# 8 Months old GSD on TOTW....Nutra Gold??? or no?



## Kustomize (Sep 27, 2014)

My dog has been on TOTW for about 6 months now.

His coat is really shiny, growth seems really nice, height and weight both are accurate.

Weighs 68 lbs exact, he walks twice a day so he burns it quiet well with me.


I had been feeding him 4.5-5 cups a day of TOTW High Prairie puppy food.


His dog food almost finished, I went to the VET, and told him how his bag doesnt even last me a month and its expensive because i have another Rott to feed.

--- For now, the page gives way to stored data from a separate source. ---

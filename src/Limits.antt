-- ===== src/Limits.antt =====
-- app/limits.py: the limit on the chunks of one upload that are in flight. Each method holds the
-- object's lock, so a method is one step.
pub mod Holders
use Prim.Native.String.{String}
use distributed_file_service.Prelude.{
  Bool, Option, [], false, if◌then◌else◌, leb, ltb, max, none, some, ℕ, ◌&&◌, ◌+◌, ◌-◌, ◌==◌, ◌∷◌,
}
use distributed_file_service.Text.{Text}
use distributed_file_service.Exec.{Error, Exec, http, ok, raised}
use distributed_file_service.Dict.{Dict, get_or, insert, lookup, remove}

pub record Limiter : Type 0 where
  pub limit : ℕ
  pub fair_share_limit : Option ℕ
  pub counts : Dict ℕ
  pub throttled_requests_total : ℕ

abbrev pub init : ℕ → Option ℕ → Limiter
init limit fair = record {
  limit = limit;
  fair_share_limit = fair;
  counts = [];
  throttled_requests_total = 0;
}

abbrev throttled : String → String → Error
throttled detail reason = http (record {
  status_code = 429;
  detail = detail;
  headers = ("Retry-After", "1") ∷ ("X-RateLimit-Reason", reason) ∷ [];
})

abbrev pub inflight_error : Error
inflight_error = throttled "per-upload inflight chunk limit reached" "upload_inflight_limit"

abbrev pub fair_share_error : Error
fair_share_error = throttled "per-upload fair-share limit reached" "upload_fair_share_limit"

abbrev pub current : Limiter → Text → ℕ
current l upload_id = get_or (lookup upload_id l.counts) 0

-- `self.fair_share_limit is not None and self.fair_share_limit > 0 and current >= ...`.
abbrev over_fair_share : Option ℕ → ℕ → Bool
over_fair_share none current = false
over_fair_share (some fair) current = ltb 0 fair && leb fair current

abbrev throttle : Limiter → Limiter
throttle l = record l { throttled_requests_total = l.throttled_requests_total + 1 }

unfoldable pub acquire : Text → Exec Limiter Unit
acquire upload_id l =
    if leb l.limit (current l upload_id)
    then (raised inflight_error, throttle l)
    else if over_fair_share l.fair_share_limit (current l upload_id)
    then (raised fair_share_error, throttle l)
    else (ok tt, record l { counts = insert upload_id (current l upload_id + 1) l.counts })

unfoldable pub release : Text → Limiter → Limiter
release upload_id l =
    let next_value = max 0 (current l upload_id - 1) in
    if next_value == 0
    then record l { counts = remove upload_id l.counts }
    else record l { counts = insert upload_id next_value l.counts }
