-- ===== src/Worker.antt =====
-- app/worker.py: the executor that refuses work when its queue is full. Each method holds the
-- object's lock, so a method is one step. Of `ThreadPoolExecutor` the model has the worker limit,
-- the number of threads and the semaphore of idle threads.
pub mod Lifecycle
pub mod Overshoot
pub mod Autoscale
pub mod Threads
use Prim.Native.String.{String}
use distributed_file_service.Prelude.{
  [], if◌then◌else◌, leb, ltb, min, ℕ, ◌+◌, ◌-◌, ◌==◌, ◌||◌, ◌∷◌,
}
use distributed_file_service.Exec.{Error, Exec, http, modify, ok, raised, ◌>>◌}

pub record ThreadPool : Type 0 where
  pub max_workers : ℕ
  pub threads : ℕ
  pub idle : ℕ

-- `_adjust_thread_count`: an idle thread is taken, or else a thread is added up to the limit.
unfoldable pub adjust_thread_count : ThreadPool → ThreadPool
adjust_thread_count t =
    if ltb 0 t.idle
    then record t { idle = t.idle - 1 }
    else if ltb t.threads t.max_workers
    then record t { threads = t.threads + 1 }
    else t

pub record Gauges : Type 0 where
  pub task_queue_depth : ℕ
  pub inflight_chunks : ℕ
  pub worker_count : ℕ
  pub worker_busy_count : ℕ
  pub throttled_requests_total : ℕ

pub record BackpressureExecutor : Type 0 where
  pub executor : ThreadPool
  pub queue_maxsize : ℕ
  pub global_inflight_limit : ℕ
  pub queued : ℕ
  pub inflight : ℕ
  pub gauges : Gauges

abbrev pub init : ℕ → ℕ → ℕ → BackpressureExecutor
init workers queue_maxsize global_inflight_limit = record {
  executor = record { max_workers = workers; threads = 0; idle = 0 };
  queue_maxsize = queue_maxsize;
  global_inflight_limit = global_inflight_limit;
  queued = 0;
  inflight = 0;
  gauges = record {
    task_queue_depth = 0;
    inflight_chunks = 0;
    worker_count = workers;
    worker_busy_count = 0;
    throttled_requests_total = 0;
  };
}

abbrev throttled : String → String → Error
throttled detail reason = http (record {
  status_code = 429;
  detail = detail;
  headers = ("Retry-After", "1") ∷ ("X-RateLimit-Reason", reason) ∷ [];
})

abbrev pub queue_full_error : Error
queue_full_error = throttled "task queue is full" "queue_full"

abbrev pub inflight_error : Error
inflight_error = throttled "global inflight chunk limit reached" "global_inflight_limit"

abbrev pub throttle : BackpressureExecutor → BackpressureExecutor
throttle b = record b {
  gauges = record b.gauges { throttled_requests_total = b.gauges.throttled_requests_total + 1 };
}

unfoldable pub try_admit : Exec BackpressureExecutor Unit
try_admit b =
    if leb b.queue_maxsize b.queued
    then (raised queue_full_error, throttle b)
    else if leb b.global_inflight_limit b.inflight
    then (raised inflight_error, throttle b)
    else (
      ok tt,
      record b {
        queued = b.queued + 1;
        gauges = record b.gauges { task_queue_depth = b.queued + 1 };
      },
    )

unfoldable pub on_start : BackpressureExecutor → BackpressureExecutor
on_start b = record b {
  queued = b.queued - 1;
  inflight = b.inflight + 1;
  gauges = record b.gauges {
    task_queue_depth = b.queued - 1;
    inflight_chunks = b.inflight + 1;
    worker_busy_count = min (b.inflight + 1) b.executor.max_workers;
  };
}

unfoldable pub on_end : BackpressureExecutor → BackpressureExecutor
on_end b = record b {
  inflight = b.inflight - 1;
  gauges = record b.gauges {
    inflight_chunks = b.inflight - 1;
    worker_busy_count = min (b.inflight - 1) b.executor.max_workers;
  };
}

-- The part of `submit` on the caller's thread: admission, then `ThreadPoolExecutor.submit`.
unfoldable pub submit : Exec BackpressureExecutor Unit
unfolding try_admit adjust_thread_count
submit = do try_admit; modify (λ b. record b { executor = adjust_thread_count b.executor })

unfoldable pub snapshot : BackpressureExecutor → ℕ × ℕ × ℕ
snapshot b = (b.queued, b.inflight, b.executor.max_workers)

unfoldable pub resize : ℕ → BackpressureExecutor → BackpressureExecutor
unfolding adjust_thread_count
resize workers b = if workers == 0 || workers == b.executor.max_workers then b else record b {
  executor = adjust_thread_count (record b.executor { max_workers = workers });
  gauges = record b.gauges { worker_count = workers; worker_busy_count = min b.inflight workers };
}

He persuaded me into buying "Nutra Gold PROBREEDER RICH IN CHICKEN & RICE FORMULA".

He told me its the same company as TOTW, which is Diamond I believe?

I got it, its quiet a lot cheaper, I used to get TOTW for 58 dollars, 13 KG bag.

Now i got this, for 55 dollars, 20 kg bag.



I want to know if you guys think this should be okay....or should I switch back to TOTW next month if this is a REALLLY bad/low quality kibble.



NutraGold Holistic Products : Products : Dogs : Dry Food : Probreeder Rich In Chicken & Rice Formula


^^^LINK OF THE NEW DOG FOOD.









Dry Food, High Prairie Puppy Formula - Taste of the Wild Pet Food




^^ Old dog food.


----------



## lauren43 (Jun 14, 2014)

TOTW is grain free while the other is not. However if your dogs do well on it I see no problem with it.

I think diamond makes 4health as well. They do have a grain free version if you are interested...


----------



## jkbutt (Jul 22, 2016)

hello brother think we both in pakistan i have same problem started with royal canine its bad so any suggestions from your side i am in lahore


----------